── Dataset records

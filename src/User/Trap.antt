-- ===== src/User/Trap.antt =====
-- How a program asks for a system call: `asm("int $0x80" : "=a"(result) : "a"(number), ...)`.
use tomat_os_old.Common.{ℕ, ◌<◌, ◌≡◌, refl, ap, ◌∙◌, some, Run, done, ◌>>=◌}
use tomat_os_old.Kernel.{Registers}
use tomat_os_old.User.Kinds.{SyscallKind, number}
use tomat_os_old.Boot.Idt.{irq_syscall}
use tomat_os_old.Drivers.Ps2.{Ports}
use tomat_os_old.Boot.Isr.{RegsHandler, Handlers, syscall_end, syscall_init, kernel_irq_handler}
use tomat_os_old.Boot.Isr.Dispatch.{acknowledged, entered, in_range}

module _ {S : Type 0} (trap : RegsHandler S) where
  -- `regs` are the registers with the arguments in them; the entry for the interrupt pushes its
  -- number. The result is what the kernel leaves in `eax`.
  abbrev pub int_80 : SyscallKind → Registers → S → Run (ℕ × S)
  int_80 kind regs s =
      trap (record regs { eax = number kind; int_no = irq_syscall }) s
      >>= (λ (after, s). done (after.eax, s))

  -- A call without a result.
  abbrev pub request : SyscallKind → Registers → S → Run S
  request kind regs s = int_80 kind regs s >>= (λ (eax, s). done s)

  -- A result that is read from a part of `eax`.
  abbrev pub ask : SyscallKind → (part : ℕ → ℕ) → Registers → S → Run (ℕ × S)
  ask kind part regs s = int_80 kind regs s >>= (λ (eax, s). done (part eax, s))

module _ {S : Type 0} where
  -- What a program sees of the end of a system call without a result, of one with a result that is a
  -- part of `eax`, and of one with the whole of it.
  abbrev pub void : Run (Registers × S) → Run (ℕ × S)
  void r = r >>= (λ (after, s). done (after.eax, s)) >>= (λ (eax, s). done s) >>= (λ s. done (0, s))

  abbrev pub answer : (ℕ → ℕ) → Run (Registers × S) → Run (ℕ × S)
  answer part r = r >>= (λ (after, s). done (after.eax, s)) >>= (λ (eax, s). done (part eax, s))

  abbrev pub word : Run (Registers × S) → Run (ℕ × S)
  word r = r >>= (λ (after, s). done (after.eax, s))

  pub void_of : {r r' : Run (Registers × S)} → r ≡ r' → void r ≡ void r'
  void_of e = ap void e

  pub answer_of :
      {r r' : Run (Registers × S)} (part : ℕ → ℕ) → r ≡ r' → answer part r ≡ answer part r'
  answer_of part e = ap (answer part) e

  pub word_of : {r r' : Run (Registers × S)} → r ≡ r' → word r ≡ word r'
  word_of e = ap word e

  -- A system call with a handler runs it, and is acknowledged.
  pub served_by :
      (ports : Ports S) (table handlers : Handlers S) (kind : SyscallKind) (h : RegsHandler S)
      (regs : Registers) (s : S)
      → number kind < syscall_end
      → table (number kind) ≡ some h
      → kernel_irq_handler ports
          (syscall_init table handlers)
          (record regs { eax = number kind; int_no = irq_syscall })
          s
        ≡ acknowledged ports (h (record regs { eax = number kind; int_no = irq_syscall }) s)
  served_by ports table handlers kind h regs s small found =
      let regs' = record regs { eax = number kind; int_no = irq_syscall } in
      entered ports table handlers regs' s refl
      ∙ ap (acknowledged ports) (in_range ports table h regs' s small found)
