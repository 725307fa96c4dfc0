-- ===== src/User/Heap.antt =====
-- TomatLib/tomato/heap.h: a program's calls of its heap.
pub mod Calls
use tomat_os_old.Common.{ℕ, Run}
use tomat_os_old.Kernel.{Registers}
use tomat_os_old.User.Kinds.{
  syscall_heap_allocate, syscall_heap_free, syscall_heap_get_ptr_size, syscall_heap_get_used_size,
  syscall_heap_reallocate,
}
use tomat_os_old.User.Trap.{request, int_80}
use tomat_os_old.Boot.Isr.{RegsHandler}

module _ {S : Type 0} (trap : RegsHandler S) where
  pub tomato_heap_allocate : (size : ℕ) → Registers → S → Run (ℕ × S)
  tomato_heap_allocate size regs s =
      int_80 trap syscall_heap_allocate (record regs { ebx = size }) s

  pub tomato_heap_reallocate : (ptr size : ℕ) → Registers → S → Run (ℕ × S)
  tomato_heap_reallocate ptr size regs s =
      int_80 trap syscall_heap_reallocate (record regs { ebx = ptr; ecx = size }) s

  pub tomato_heap_free : (ptr : ℕ) → Registers → S → Run S
  tomato_heap_free ptr regs s = request trap syscall_heap_free (record regs { ebx = ptr }) s

  pub tomato_heap_get_ptr_size : (ptr : ℕ) → Registers → S → Run (ℕ × S)
  tomato_heap_get_ptr_size ptr regs s =
      int_80 trap syscall_heap_get_ptr_size (record regs { ebx = ptr }) s

  pub tomato_heap_get_used_size : Registers → S → Run (ℕ × S)
  tomato_heap_get_used_size regs s = int_80 trap syscall_heap_get_used_size regs s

────

**What you should do:** Your reply should consist of a single number, the count of lines in the records above that contain the string "SyscallKind".

**Response:** 5